We can see our previous manual calculations using the prediction thresholds f>0.2 and f>0.5 as well as all other unique thresholds. When f>0.2 we have a true positive rate of 5/5 = 1 and a false positive rate of 3/5 = 0.6. When f>0.5 we have a true positive rate of 4/5 = 0.8 and a false positive rate of 1/5 = 0.2.

Hopefully, it should be clear that the more values we have in the upper left hand corner (high true positives and low false positives) the better our model is doing. It follows that the area under this ROC curve (AUC) will reflect the ability of the model to correctly catergorise the data, with a maximum value of 1 and minimum of 0. A value of around 0.5 is the case where the model output is doing no better than change (the dotted line), while values under 0.5 suggest that the model is performing worse than chance. Here, from visual inspection we can see that the AUC is 1 - 0.4 x 0.2 = 0.92.
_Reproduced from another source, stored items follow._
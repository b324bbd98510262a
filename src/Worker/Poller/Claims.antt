-- ===== src/Worker/Poller/Claims.antt =====
-- Which rows `claim_batch` of services/worker/src/nebula_worker/poller.py takes.
use mathlib.Core.Path.{subst}
use vpn.Prelude.{
  ℕ, zero, suc, ◌+◌, ◌≤◌, ◌≡◌, ◌∙◌, ap, sym, refl, Bool, true, false, ◌||◌, Option, none, some,
  List, [], ◌∷◌, map, length, take, keep, contains, inl, inr, Bool-cases, arith, ◌==◌,
  if◌then◌else◌,
}
use vpn.Worker.Poller.{
  EmailDelivery, Outbox, Settings, ids, update, claim_of, is_due, insert, by_available_at, selected,
  leased, claim_batch,
}
use vpn.Worker.Poller.Rows.{
  find, find_id, find-ids, find-update, ids-update, updated, claim_ids, IsDistinct,
}

-- Whether there is a row, and it passes the test.
abbrev pub passes : (EmailDelivery → Bool) → Option EmailDelivery → Bool
passes p none = false
passes p (some row) = p row

contains-insert :
    (k : ℕ) (row : EmailDelivery) (rows : List EmailDelivery)
    → contains k (ids (insert row rows)) ≡ (row.id == k) || contains k (ids rows)
unfolding insert
contains-insert k row [] = refl
contains-insert k row (r ∷ rows) = ground (arith, contains-insert k row rows)

contains-by_available_at :
    (k : ℕ) (rows : List EmailDelivery)
    → contains k (ids (by_available_at rows)) ≡ contains k (ids rows)
unfolding by_available_at
contains-by_available_at k [] = refl
contains-by_available_at k (row ∷ rows) =
    contains-insert k row (by_available_at rows)
    ∙ ap (λ b. (row.id == k) || b) (contains-by_available_at k rows)

contains-take :
    (k n : ℕ) (rows : List EmailDelivery)
    → contains k (ids (take n rows)) ≡ true
    → contains k (ids rows) ≡ true
contains-take k zero rows h = ground arith
contains-take k (suc n) [] h = ground arith
contains-take k (suc n) (row ∷ rows) h = ground (arith, contains-take k n rows)

pub contains-ids-keep :
    (p : EmailDelivery → Bool) (k : ℕ) (rows : List EmailDelivery)
    → IsDistinct (ids rows)
    → contains k (ids (keep p rows)) ≡ passes p (find k rows)
contains-ids-keep p k [] h = refl
contains-ids-keep p k (row ∷ rows) h = elim (Bool-cases (row.id == k)) [
  | inl same ↦
      let e : row.id ≡ k = ground arith in
      let gone = find-ids k rows (subst (λ j. contains j (ids rows) ≡ false) e h.0) in
      let rest = contains-ids-keep p k rows h.1 ∙ ap (passes p) gone in
      elim (Bool-cases (p row)) [
        | inl hit ↦ rw (hit, same, hit) refl
        | inr miss ↦ rw (miss, same, miss) rest
      ]
  | inr other ↦ elim (Bool-cases (p row)) [
    | inl hit ↦ rw (hit, other) (contains-ids-keep p k rows h.1)
    | inr miss ↦ rw (miss, other) (contains-ids-keep p k rows h.1)
  ]
]

-- What is selected is due.
pub selected_due :
    (k n now : ℕ) (rows : List EmailDelivery)
    → IsDistinct (ids rows)
    → contains k (selected n now rows) ≡ true
    → passes (is_due now) (find k rows) ≡ true
unfolding selected
selected_due k n now rows h c =
    sym (contains-ids-keep (is_due now) k rows h)
    ∙ sym (contains-by_available_at k (keep (is_due now) rows))
    ∙ contains-take k n (by_available_at (keep (is_due now) rows)) c

pub not_selected :
    (k n now : ℕ) (rows : List EmailDelivery)
    → IsDistinct (ids rows)
    → passes (is_due now) (find k rows) ≡ false
    → contains k (selected n now rows) ≡ false
not_selected k n now rows h e = elim (Bool-cases (contains k (selected n now rows))) [
  | inl hit ↦ ground (arith, selected_due k n now rows h hit)
  | inr miss ↦ miss
]

ids-claims : (rows : List EmailDelivery) → claim_ids (map claim_of rows) ≡ ids rows
ids-claims [] = refl
ids-claims (row ∷ rows) = ap (λ ks. row.id ∷ ks) (ids-claims rows)

-- The list without the first occurrence of an id.
abbrev without : ℕ → List ℕ → List ℕ
without k [] = []
without k (j ∷ js) = if j == k then js else j ∷ without k js

length-without :
    (k : ℕ) (js : List ℕ) → contains k js ≡ true → length js ≡ suc (length (without k js))
length-without k [] h = ground arith
length-without k (j ∷ js) h = ground (arith, length-without k js)

contains-without :
    (i k : ℕ) (js : List ℕ) → (i == k) ≡ false → contains i (without k js) ≡ contains i js
contains-without i k [] h = refl
contains-without i k (j ∷ js) h = ground (arith, contains-without i k js)

keep-without :
    (k : ℕ) (js : List ℕ) (rows : List EmailDelivery)
    → contains k (ids rows) ≡ false
    → keep (λ r. contains r.id (without k js)) rows ≡ keep (λ r. contains r.id js) rows
keep-without k js [] h = refl
keep-without k js (row ∷ rows) h =
    let other : (row.id == k) ≡ false = ground arith in
    rw (contains-without row.id k js other, keep-without k js rows (ground arith)) refl

length-keep_listed :
    (js : List ℕ) (rows : List EmailDelivery)
    → IsDistinct (ids rows)
    → length (keep (λ r. contains r.id js) rows) ≤ length js
length-keep_listed js [] h = omega arith
length-keep_listed js (row ∷ rows) h = elim (Bool-cases (contains row.id js)) [
  | inl hit ↦
      rw (hit, ← keep-without row.id js rows h.0)
        (omega
          (arith, length-keep_listed (without row.id js) rows h.1, length-without row.id js hit))
  | inr miss ↦ rw miss (length-keep_listed js rows h.1)
]

length-ids-take : (n : ℕ) (rows : List EmailDelivery) → length (ids (take n rows)) ≤ n
length-ids-take zero rows = omega arith
length-ids-take (suc n) [] = omega arith
length-ids-take (suc n) (row ∷ rows) = omega (arith, length-ids-take n rows)

length-map_claims : (rows : List EmailDelivery) → length (map claim_of rows) ≡ length rows
length-map_claims [] = refl
length-map_claims (row ∷ rows) = omega (arith, length-map_claims rows)

-- A batch has no more deliveries than the batch size, for rows with different ids.
pub length-claim_batch :
    (s : Settings) (now : ℕ) (box : Outbox)
    → IsDistinct (ids box.rows)
    → length (claim_batch s now box).1 ≤ s.batch_size
unfolding claim_batch selected
length-claim_batch s now box h =
    let sel = ids (take s.batch_size (by_available_at (keep (is_due now) box.rows))) in
    omega (
      arith,
      length-map_claims (keep (λ r. contains r.id sel) box.rows),
      length-keep_listed sel box.rows h,
      length-ids-take s.batch_size (by_available_at (keep (is_due now) box.rows)),
    )

-- Whether an id is among the claims.
claim_batch-claims :
    (k : ℕ) (s : Settings) (now : ℕ) (box : Outbox)
    → IsDistinct (ids box.rows)
    → contains k (claim_ids (claim_batch s now box).1)
      ≡ passes (λ r. contains r.id (selected s.batch_size now box.rows)) (find k box.rows)
unfolding claim_batch
claim_batch-claims k s now box h =
    let chosen : EmailDelivery → Bool = λ r. contains r.id (selected s.batch_size now box.rows) in
    ap (contains k) (ids-claims (keep chosen box.rows)) ∙ contains-ids-keep chosen k box.rows h

leased_not_due :
    (sel : List ℕ) (until now : ℕ) (o : Option EmailDelivery)
    → passes (λ r. contains r.id sel) o ≡ true
    → passes (is_due now) (updated (λ r. contains r.id sel) (leased until) o) ≡ false
leased_not_due sel until now none h = refl
leased_not_due sel until now (some row) h = rw h refl

passes_listed :
    (sel : List ℕ) (k : ℕ) (o : Option EmailDelivery)
    → ((row : EmailDelivery) → o ≡ some row → row.id ≡ k)
    → contains k sel ≡ false
    → passes (λ r. contains r.id sel) o ≡ false
passes_listed sel k none h c = refl
passes_listed sel k (some row) h c = ap (λ j. contains j sel) (h row refl) ∙ c

-- Of rows with different ids, two claims, the second at any later or earlier time, never take the same delivery: what the first
-- one took is not due until it is given back.
pub claim_batch-disjoint :
    (k : ℕ) (s s' : Settings) (now now' : ℕ) (box : Outbox)
    → IsDistinct (ids box.rows)
    → contains k (claim_ids (claim_batch s now box).1) ≡ true
    → contains k (claim_ids (claim_batch s' now' (claim_batch s now box).0).1) ≡ false
unfolding claim_batch
claim_batch-disjoint k s s' now now' box h c =
    let sel = selected s.batch_size now box.rows in
    let held = update (λ r. contains r.id sel) (leased (now + s.lease_seconds)) box.rows in
    let distinct : IsDistinct (ids held) =
      rw
        (ids-update (λ r. contains r.id sel) (leased (now + s.lease_seconds)) box.rows
          (λ row. refl))
        h in
    let taken = sym (claim_batch-claims k s now box h) ∙ c in
    let not_due =
      ap (passes (is_due now')) (
        find-update (λ r. contains r.id sel) (leased (now + s.lease_seconds)) k box.rows
          (λ row. refl))
      ∙ leased_not_due sel (now + s.lease_seconds) now' (find k box.rows) taken in
    claim_batch-claims k s' now' (claim_batch s now box).0 distinct
    ∙ passes_listed (selected s'.batch_size now' held) k (find k held) (λ row e. find_id k held e)
        (not_selected k s'.batch_size now' held distinct not_due)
What I previously found confusing about ROC curves is that the curve is generated for varying threshold values of `f`

. I found that labelling the threshold values on the plot for each respective true and false positive rate helped me to visualise this, but is also handy for deciding what threshold value you might like to use in a practical application of the model.

Finally, it is worth mentioning that the rate of true positives is also called sensitivity or recall and rate of false positives is also called 1 - specificity, where specificity is the rate of true negatives.